Ich hatte mich geweigert zurück zum Grimmauldplace zu gehen. Ich wollte nicht in seinem Haus sein. Alles dort erinnerte mich an ihn, unser erstes Weihnachten, unsere vielen Gespräche, Umarmungen und Erinnerungen. Severus versuchte so gut es ging mir beizustehen. Kochte mir Essen, was ich nicht aß, räumte die Teller wieder ab, setzte sich zu mir, strich mir über den Kopf und schwieg mit mir gemeinsam. Meine Freunde wollte ich nicht sehen, wies jeden Besuch ab. Ich wollte allein sein. Für mich sein und meine Wunden lecken.

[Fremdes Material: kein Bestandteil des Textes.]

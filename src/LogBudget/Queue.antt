-- ===== src/LogBudget/Queue.antt =====
-- The checks of `_record` in src/eng_platform_api/services/log_budget.py on a changed queue.
use gcp_engineering_platform.Base.{
  ℕ, zero, suc, ◌≤◌, String, true, false, List, [], ◌∷◌, ◌++◌, elem, none, ◌≡◌, refl, arith,
  Bool-cases, inl, inr,
}
use gcp_engineering_platform.Python.Raise.{ok, >>-ok}
use gcp_engineering_platform.LogBudget.Record.{
  Waiter, is_participant, check_waiter, check_waiters, is_alive, alive,
}
use gcp_engineering_platform.LogBudget.Permits.{index_of, touch, new_waiter}

-- Who is neither pending nor seen before is neither afterwards.
abbrev pub Freer : List String → List String → List String → List String → Type 0
Freer pending seen pending' seen' =
    (t : String)
    → elem t pending ≡ false
    → elem t seen ≡ false
    → (elem t pending' ≡ false) × (elem t seen' ≡ false)

Freer-cons :
    (u : String) (pending seen pending' seen' : List String)
    → Freer pending seen pending' seen'
    → Freer pending (u ∷ seen) pending' (u ∷ seen')
Freer-cons u pending seen pending' seen' f t h k =
    (ground (arith, h, k, f t), ground (arith, h, k, f t))

Freer-more :
    (u : String) (pending seen pending' seen' : List String)
    → Freer pending seen pending' seen'
    → Freer pending (u ∷ seen) pending' seen'
Freer-more u pending seen pending' seen' f t h k =
    (ground (arith, h, k, f t), ground (arith, h, k, f t))

check_waiter-later :
    (now now' : ℕ) (pending seen pending' seen' : List String) (previous previous' : ℕ) (w : Waiter)
    → now ≤ now'
    → previous' ≤ previous
    → Freer pending seen pending' seen'
    → check_waiter now pending seen previous w ≡ ok tt
    → check_waiter now' pending' seen' previous' w ≡ ok tt
unfolding check_waiter
check_waiter-later now now' pending seen pending' seen' previous previous' w later earlier f h =
    ground (arith, h, f w.participant)

in_order :
    (now : ℕ) (pending seen : List String) (previous : ℕ) (w : Waiter)
    → check_waiter now pending seen previous w ≡ ok tt
    → (previous ≤ w.enqueued_at) × (w.enqueued_at ≤ now)
unfolding check_waiter
in_order now pending seen previous w h = (ground (arith, h), ground (arith, h))

-- Waiters that were accepted are accepted later, and among fewer others.
pub check_waiters-later :
    (now now' : ℕ) (pending seen pending' seen' : List String) (previous previous' : ℕ)
    (ws : List Waiter)
    → now ≤ now'
    → previous' ≤ previous
    → Freer pending seen pending' seen'
    → check_waiters now pending seen previous ws ≡ ok tt
    → check_waiters now' pending' seen' previous' ws ≡ ok tt
unfolding check_waiters
check_waiters-later now now' pending seen pending' seen' previous previous' [] later earlier f h =
    refl
check_waiters-later now now' pending seen pending' seen' previous previous' (w ∷ ws) later earlier f
      h =
    let (first, rest) = >>-ok (check_waiter now pending seen previous w) _ h in
    rw
      (check_waiter-later now now' pending seen pending' seen' previous previous' w later earlier f
        first)
      (check_waiters-later now now' pending (w.participant ∷ seen) pending' (w.participant ∷ seen')
        w.enqueued_at w.enqueued_at ws later (omega arith)
        (Freer-cons w.participant pending seen pending' seen' f) rest)

-- So are those of them that are alive.
pub check_waiters-alive :
    (now at : ℕ) (pending seen pending' seen' : List String) (previous previous' : ℕ)
    (ws : List Waiter)
    → previous' ≤ previous
    → Freer pending seen pending' seen'
    → check_waiters now pending seen previous ws ≡ ok tt
    → check_waiters now pending' seen' previous' (alive at ws) ≡ ok tt
unfolding check_waiters alive
check_waiters-alive now at pending seen pending' seen' previous previous' [] earlier f h = refl
check_waiters-alive now at pending seen pending' seen' previous previous' (w ∷ ws) earlier f h =
    let (first, rest) = >>-ok (check_waiter now pending seen previous w) _ h in
    elim (Bool-cases (is_alive at w)) [
      | inl kept ↦
          rw
            (
              kept,
              check_waiter-later now now pending seen pending' seen' previous previous' w
                  (omega arith) earlier f first,
            )
            (check_waiters-alive now at pending (w.participant ∷ seen) pending'
              (w.participant ∷ seen') w.enqueued_at w.enqueued_at ws (omega arith)
              (Freer-cons w.participant pending seen pending' seen' f) rest)
      | inr dropped ↦ rw dropped (
          check_waiters-alive now at pending (w.participant ∷ seen) pending' seen' w.enqueued_at
            previous' ws (omega (arith, (in_order now pending seen previous w first).0, earlier))
            (Freer-more w.participant pending seen pending' seen' f) rest)
    ]

check_touched :
    (now : ℕ) (pending seen : List String) (previous : ℕ) (w : Waiter)
    → check_waiter now pending seen previous w ≡ ok tt
    → check_waiter now pending seen previous (record w { last_seen_at = now }) ≡ ok tt
unfolding check_waiter
check_touched now pending seen previous w h = ground (arith, h)

-- A waiter that polls.
pub check_waiters-touch :
    (now : ℕ) (pending seen : List String) (previous i : ℕ) (ws : List Waiter)
    → check_waiters now pending seen previous ws ≡ ok tt
    → check_waiters now pending seen previous (touch now i ws) ≡ ok tt
unfolding check_waiters touch
check_waiters-touch now pending seen previous i [] h = refl
check_waiters-touch now pending seen previous zero (w ∷ ws) h =
    let (first, rest) = >>-ok (check_waiter now pending seen previous w) _ h in
    rw (check_touched now pending seen previous w first) rest
check_waiters-touch now pending seen previous (suc i) (w ∷ ws) h =
    let (first, rest) = >>-ok (check_waiter now pending seen previous w) _ h in
    rw first (check_waiters-touch now pending (w.participant ∷ seen) w.enqueued_at i ws rest)

check_joined :
    (now : ℕ) (pending seen : List String) (previous : ℕ) (who : String)
    → previous ≤ now
    → is_participant who ≡ true
    → elem who seen ≡ false
    → elem who pending ≡ false
    → check_waiter now pending seen previous (new_waiter now who) ≡ ok tt
unfolding check_waiter
check_joined now pending seen previous who earlier valid unseen free = ground arith

-- A waiter that joins.
pub check_waiters-join :
    (now : ℕ) (pending seen : List String) (previous : ℕ) (ws : List Waiter) (who : String)
    → previous ≤ now
    → is_participant who ≡ true
    → index_of who ws ≡ none
    → elem who seen ≡ false
    → elem who pending ≡ false
    → check_waiters now pending seen previous ws ≡ ok tt
    → check_waiters now pending seen previous (ws ++ new_waiter now who ∷ []) ≡ ok tt
unfolding check_waiters index_of
check_waiters-join now pending seen previous [] who earlier valid absent unseen free h =
    rw (check_joined now pending seen previous who earlier valid unseen free) refl
check_waiters-join now pending seen previous (w ∷ ws) who earlier valid absent unseen free h =
    let (first, rest) = >>-ok (check_waiter now pending seen previous w) _ h in
    rw first (
      check_waiters-join now pending (w.participant ∷ seen) w.enqueued_at ws who
        (in_order now pending seen previous w first).1 valid (absent_later w ws absent)
        (ground (arith, absent, unseen)) free rest)
  where
    absent_later :
        (w : Waiter) (ws : List Waiter) → index_of who (w ∷ ws) ≡ none → index_of who ws ≡ none
    absent_later w ws absent = ground (arith, absent)

-- The first waiter leaves the queue and becomes pending.
pub check_waiters-tail :
    (now : ℕ) (pending : List String) (w : Waiter) (ws : List Waiter)
    → check_waiters now pending [] 0 (w ∷ ws) ≡ ok tt
    → check_waiters now (w.participant ∷ pending) [] 0 ws ≡ ok tt
unfolding check_waiters
check_waiters-tail now pending w ws h =
    let (first, rest) = >>-ok (check_waiter now pending [] 0 w) _ h in
    check_waiters-later now now pending (w.participant ∷ []) (w.participant ∷ pending) []
      w.enqueued_at 0 ws (omega arith) (omega arith)
      (λ t free unseen. (ground (arith, free, unseen), refl)) rest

Dumbledore befreite mich angesichts der schreckliche Ereignisse von den letzten Schultagen, doch das bekam ich gar nicht wirklich mit. Severus regelte das alles für mich, beurlaubte sich selbst damit er für mich da sein konnte und gab mir die Kraft und Unterstützung die ich brauchte. Über meinen Ausraster hatte er kein Wort mehr verloren und dafür war ich ihm sehr dankbar. Und doch fehlte mir in den verstreichenden Wochen etwas. Ich fühlte mich nutzlos und für nichts zu gebrauchen. Ich hatte es satt wie in Watte bepackt behandelt zu werden. Ich vermisste Sirius, mehr als alles andere. Seine Beerdigung verlief unauffällig und ohne großen Trubel. Ich erschien als letzte, ganz in Schwarz gekleidet, und trat mit zitternden Händen an den Sarg. Sein Gesicht wirkte so friedlich und doch nicht so wie er sonst war. Die Augen waren geschlossen, ein seliges Lächeln umspielte seine Lippen. Die wilden Locken fielen kreuz und quer über das weiße Leichenkissen und bildeten den Kontrast zu der starren Beerdigung. Ein letztes Mal berührte ich seine kalte Hand, bevor ich mich weinend abwendete. Ich wollte mich nicht von ihm verabschieden, aber ich musste ihn gehen lassen. Mehr Zeit miteinander war uns nicht vergönnt gewesen und ich bereute die 12 vergangenen Jahre in denen ich ihn verachtet hatte. Hätte ich gewusst was für ein ehrlicher und liebevoller Mann hinter der Maskerade des angeblichen Massenmörders steckte...
Wortlos ging ich am Rest meiner Freunde vorbei. Ich hatte sie nicht einmal begrüßt. Die Weasleys saßen mit gesenkten Kopf am Tisch während Tonks mir mitfühlend eine Hand auf die Schulter legte. Ich zwang mich zu einem Lächeln und nahm mit großen Abstand am Ende des Tisches neben Severus Platz. Fred schaute mich über den Tisch hinweg verletzt an. Seit er mit George de Abflug gemacht hatte, hatten wir nicht mehr gesprochen. Ich war sauer, verletzt und vor allem überrascht, dass er und sein Bruder das Ding ohne mich durchgezogen hatten. Ich hatte zwar nicht vor die Schule zu schmeißen, doch es wäre schön gewesen, wenn sie mir wenigtens davon erzählt hätten, da wir sonst auch alles miteinander teilten. Er wusste das ich Unehrlichkeit und Lügen über alles hasste und je mehr ich darüber nachdachte, desto mehr steigerte ich mich in meine Wut hinein. Vielleicht suchte ich auch einfach etwas, dass mich von meiner Trauer ablenkte. Doch es tat weh und ich konnte die Schmerzen einfach nicht mehr ertragen.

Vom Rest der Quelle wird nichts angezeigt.